* WHAT IS BEING ASKED
Give back every entry below, exactly as written.

+++ DATASET

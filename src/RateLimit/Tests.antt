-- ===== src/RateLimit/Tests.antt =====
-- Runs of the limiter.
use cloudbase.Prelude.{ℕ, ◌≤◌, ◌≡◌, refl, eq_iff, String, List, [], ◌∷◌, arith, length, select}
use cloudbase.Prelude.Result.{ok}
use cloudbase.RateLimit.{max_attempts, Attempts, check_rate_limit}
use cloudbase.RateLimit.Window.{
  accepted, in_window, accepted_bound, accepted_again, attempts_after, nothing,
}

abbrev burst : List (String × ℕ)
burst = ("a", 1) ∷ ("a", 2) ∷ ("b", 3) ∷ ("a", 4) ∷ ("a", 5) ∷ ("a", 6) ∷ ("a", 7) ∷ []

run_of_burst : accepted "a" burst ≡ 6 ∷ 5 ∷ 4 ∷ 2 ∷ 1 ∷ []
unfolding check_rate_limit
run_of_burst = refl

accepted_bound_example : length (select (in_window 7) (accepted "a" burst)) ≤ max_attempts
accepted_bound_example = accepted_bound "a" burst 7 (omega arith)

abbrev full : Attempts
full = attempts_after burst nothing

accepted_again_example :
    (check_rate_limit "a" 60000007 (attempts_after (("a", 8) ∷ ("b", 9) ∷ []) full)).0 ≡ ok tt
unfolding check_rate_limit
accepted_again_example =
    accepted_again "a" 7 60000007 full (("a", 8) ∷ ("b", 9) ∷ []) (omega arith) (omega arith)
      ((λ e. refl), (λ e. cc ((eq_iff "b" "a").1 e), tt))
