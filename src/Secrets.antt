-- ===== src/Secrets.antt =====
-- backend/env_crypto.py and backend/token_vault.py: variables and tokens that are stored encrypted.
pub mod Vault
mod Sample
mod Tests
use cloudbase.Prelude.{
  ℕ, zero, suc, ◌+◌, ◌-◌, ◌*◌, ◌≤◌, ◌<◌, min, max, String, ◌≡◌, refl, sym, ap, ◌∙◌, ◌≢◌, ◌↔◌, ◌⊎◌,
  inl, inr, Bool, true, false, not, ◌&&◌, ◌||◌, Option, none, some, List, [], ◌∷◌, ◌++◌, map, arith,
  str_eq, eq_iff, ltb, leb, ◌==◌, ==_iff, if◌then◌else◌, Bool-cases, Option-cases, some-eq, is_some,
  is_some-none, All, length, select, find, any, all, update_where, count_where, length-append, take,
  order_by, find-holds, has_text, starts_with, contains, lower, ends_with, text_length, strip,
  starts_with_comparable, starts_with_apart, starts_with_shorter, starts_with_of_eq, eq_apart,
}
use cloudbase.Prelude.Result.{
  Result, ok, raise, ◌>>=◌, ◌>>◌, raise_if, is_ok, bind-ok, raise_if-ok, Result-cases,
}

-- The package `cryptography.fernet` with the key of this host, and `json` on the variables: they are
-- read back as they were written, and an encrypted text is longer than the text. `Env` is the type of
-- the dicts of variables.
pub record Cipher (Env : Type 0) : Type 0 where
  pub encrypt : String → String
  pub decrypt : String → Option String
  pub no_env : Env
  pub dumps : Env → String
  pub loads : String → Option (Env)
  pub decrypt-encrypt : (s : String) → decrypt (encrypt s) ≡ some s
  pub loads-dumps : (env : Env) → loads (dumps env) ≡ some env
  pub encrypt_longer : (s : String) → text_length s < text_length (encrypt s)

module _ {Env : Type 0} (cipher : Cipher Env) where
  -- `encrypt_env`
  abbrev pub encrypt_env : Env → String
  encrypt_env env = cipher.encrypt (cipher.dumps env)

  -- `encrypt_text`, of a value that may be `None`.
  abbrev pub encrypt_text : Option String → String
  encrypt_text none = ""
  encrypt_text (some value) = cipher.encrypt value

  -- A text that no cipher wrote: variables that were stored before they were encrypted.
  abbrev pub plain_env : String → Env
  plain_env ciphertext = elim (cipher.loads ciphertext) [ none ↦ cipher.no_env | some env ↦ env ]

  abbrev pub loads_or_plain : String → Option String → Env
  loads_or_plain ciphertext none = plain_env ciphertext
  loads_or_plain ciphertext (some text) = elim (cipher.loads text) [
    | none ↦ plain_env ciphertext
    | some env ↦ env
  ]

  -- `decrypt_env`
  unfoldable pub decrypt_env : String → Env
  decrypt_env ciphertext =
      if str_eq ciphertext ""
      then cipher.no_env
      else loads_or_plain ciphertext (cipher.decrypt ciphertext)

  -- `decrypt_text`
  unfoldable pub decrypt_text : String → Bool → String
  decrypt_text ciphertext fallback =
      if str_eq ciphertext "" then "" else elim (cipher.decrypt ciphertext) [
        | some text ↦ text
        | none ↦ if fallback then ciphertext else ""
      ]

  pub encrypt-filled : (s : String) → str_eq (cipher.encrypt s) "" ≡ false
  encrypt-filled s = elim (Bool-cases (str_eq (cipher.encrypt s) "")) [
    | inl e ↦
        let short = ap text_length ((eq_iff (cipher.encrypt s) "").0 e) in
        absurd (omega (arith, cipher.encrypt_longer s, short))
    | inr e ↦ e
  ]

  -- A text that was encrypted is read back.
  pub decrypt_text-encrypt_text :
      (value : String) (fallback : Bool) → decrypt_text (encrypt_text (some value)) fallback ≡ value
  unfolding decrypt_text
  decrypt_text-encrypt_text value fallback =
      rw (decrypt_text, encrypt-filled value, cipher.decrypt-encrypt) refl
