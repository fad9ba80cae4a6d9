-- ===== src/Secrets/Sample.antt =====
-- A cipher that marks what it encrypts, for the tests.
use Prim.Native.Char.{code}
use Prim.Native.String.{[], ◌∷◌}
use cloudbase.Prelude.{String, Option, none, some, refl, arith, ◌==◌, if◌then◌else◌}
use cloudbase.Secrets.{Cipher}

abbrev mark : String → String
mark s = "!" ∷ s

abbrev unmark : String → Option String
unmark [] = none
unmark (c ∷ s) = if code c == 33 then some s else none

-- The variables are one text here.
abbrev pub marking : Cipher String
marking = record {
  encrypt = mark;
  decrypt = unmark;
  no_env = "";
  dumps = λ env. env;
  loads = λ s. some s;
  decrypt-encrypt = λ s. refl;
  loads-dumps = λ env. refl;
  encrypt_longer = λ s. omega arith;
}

++++++

* EXERCISE ANSWER
filename src/RateLimit/Tests.antt
-- ===== src/RateLimit/Tests.antt =====
-- Runs of the limiter.
use cloudbase.Prelude.{ℕ, ◌≤◌, ◌≡◌, refl, eq_iff, String, List, [], ◌∷◌, arith, length, select}
use cloudbase.Prelude.Result.{ok}
use cloudbase.RateLimit.{max_attempts, Attempts, check_rate_limit}
use cloudbase.RateLimit.Window.{
  accepted, in_window, accepted_bound, accepted_again, attempts_after, nothing,
}

abbrev burst : List (String × ℕ)
burst = ("a", 1) ∷ ("a", 2) ∷ ("b", 3) ∷ ("a", 4) ∷ ("a", 5) ∷ ("a", 6) ∷ ("a", 7) ∷ []

run_of_burst : accepted "a" burst ≡ 6 ∷ 5 ∷ 4 ∷ 2 ∷ 1 ∷ []
unfolding check_rate_limit
run_of_burst = refl

accepted_bound_example : length (select (in_window 7) (accepted "a" burst)) ≤ max_attempts
accepted_bound_example = accepted_bound "a" burst 7 (omega arith)

abbrev full : Attempts
full = attempts_after burst nothing

accepted_again_example :
    (check_rate_limit "a" 60000007 (attempts_after (("a", 8) ∷ ("b", 9) ∷ []) full)).0 ≡ ok tt
unfolding check_rate_limit
accepted_again_example =
    accepted_again "a" 7 60000007 full (("a", 8) ∷ ("b", 9) ∷ []) (omega arith) (omega arith)
      ((λ e. refl), (λ e. cc ((eq_iff "b" "a").1 e), tt))
filename src/Secrets.antt
-- ===== src/Secrets.antt =====
-- backend/env_crypto.py and backend/token_vault.py: variables and tokens that are stored encrypted.
pub mod Vault
mod Sample
mod Tests
use cloudbase.Prelude.{
  ℕ, zero, suc, ◌+◌, ◌-◌, ◌*◌, ◌≤◌, ◌<◌, min, max, String, ◌≡◌, refl, sym, ap, ◌∙◌, ◌≢◌, ◌↔◌, ◌⊎◌,
  inl, inr, Bool, true, false, not, ◌&&◌, ◌||◌, Option, none, some, List, [], ◌∷◌, ◌++◌, map, arith,
  str_eq, eq_iff, ltb, leb, ◌==◌, ==_iff, if◌then◌else◌, Bool-cases, Option-cases, some-eq, is_some,
  is_some-none, All, length, select, find, any, all, update_where, count_where, length-append, take,
  order_by, find-holds, has_text, starts_with, contains, lower, ends_with, text_length, strip,
  starts_with_comparable, starts_with_apart, starts_with_shorter, starts_with_of_eq, eq_apart,
}
use cloudbase.Prelude.Result.{
  Result, ok, raise, ◌>>=◌, ◌>>◌, raise_if, is_ok, bind-ok, raise_if-ok, Result-cases,
}

-- The package `cryptography.fernet` with the key of this host, and `json` on the variables: they are
-- read back as they were written, and an encrypted text is longer than the text. `Env` is the type of
-- the dicts of variables.
pub record Cipher (Env : Type 0) : Type 0 where
  pub encrypt : String → String
  pub decrypt : String → Option String
  pub no_env : Env
  pub dumps : Env → String
  pub loads : String → Option (Env)
  pub decrypt-encrypt : (s : String) → decrypt (encrypt s) ≡ some s
  pub loads-dumps : (env : Env) → loads (dumps env) ≡ some env
  pub encrypt_longer : (s : String) → text_length s < text_length (encrypt s)

module _ {Env : Type 0} (cipher : Cipher Env) where
  -- `encrypt_env`
  abbrev pub encrypt_env : Env → String
  encrypt_env env = cipher.encrypt (cipher.dumps env)

  -- `encrypt_text`, of a value that may be `None`.
  abbrev pub encrypt_text : Option String → String
  encrypt_text none = ""
  encrypt_text (some value) = cipher.encrypt value

  -- A text that no cipher wrote: variables that were stored before they were encrypted.
  abbrev pub plain_env : String → Env
  plain_env ciphertext = elim (cipher.loads ciphertext) [ none ↦ cipher.no_env | some env ↦ env ]

  abbrev pub loads_or_plain : String → Option String → Env
  loads_or_plain ciphertext none = plain_env ciphertext
  loads_or_plain ciphertext (some text) = elim (cipher.loads text) [
    | none ↦ plain_env ciphertext
    | some env ↦ env
  ]

  -- `decrypt_env`
  unfoldable pub decrypt_env : String → Env
  decrypt_env ciphertext =
      if str_eq ciphertext ""
      then cipher.no_env
      else loads_or_plain ciphertext (cipher.decrypt ciphertext)

  -- `decrypt_text`
  unfoldable pub decrypt_text : String → Bool → String
  decrypt_text ciphertext fallback =
      if str_eq ciphertext "" then "" else elim (cipher.decrypt ciphertext) [
        | some text ↦ text
        | none ↦ if fallback then ciphertext else ""
      ]

  pub encrypt-filled : (s : String) → str_eq (cipher.encrypt s) "" ≡ false
  encrypt-filled s = elim (Bool-cases (str_eq (cipher.encrypt s) "")) [
    | inl e ↦
        let short = ap text_length ((eq_iff (cipher.encrypt s) "").0 e) in
        absurd (omega (arith, cipher.encrypt_longer s, short))
    | inr e ↦ e
  ]

  -- A text that was encrypted is read back.
  pub decrypt_text-encrypt_text :
      (value : String) (fallback : Bool) → decrypt_text (encrypt_text (some value)) fallback ≡ value
  unfolding decrypt_text
  decrypt_text-encrypt_text value fallback =
      rw (decrypt_text, encrypt-filled value, cipher.decrypt-encrypt) refl
repository fad9ba80cae4a6d9
-- ===== src/Secrets/Sample.antt =====
-- A cipher that marks what it encrypts, for the tests.
use Prim.Native.Char.{code}
use Prim.Native.String.{[], ◌∷◌}
use cloudbase.Prelude.{String, Option, none, some, refl, arith, ◌==◌, if◌then◌else◌}
use cloudbase.Secrets.{Cipher}

abbrev mark : String → String
mark s = "!" ∷ s

abbrev unmark : String → Option String
unmark [] = none
unmark (c ∷ s) = if code c == 33 then some s else none

-- The variables are one text here.
abbrev pub marking : Cipher String
marking = record {
  encrypt = mark;
  decrypt = unmark;
  no_env = "";
  dumps = λ env. env;
  loads = λ s. some s;
  decrypt-encrypt = λ s. refl;
  loads-dumps = λ env. refl;
  encrypt_longer = λ s. omega arith;
}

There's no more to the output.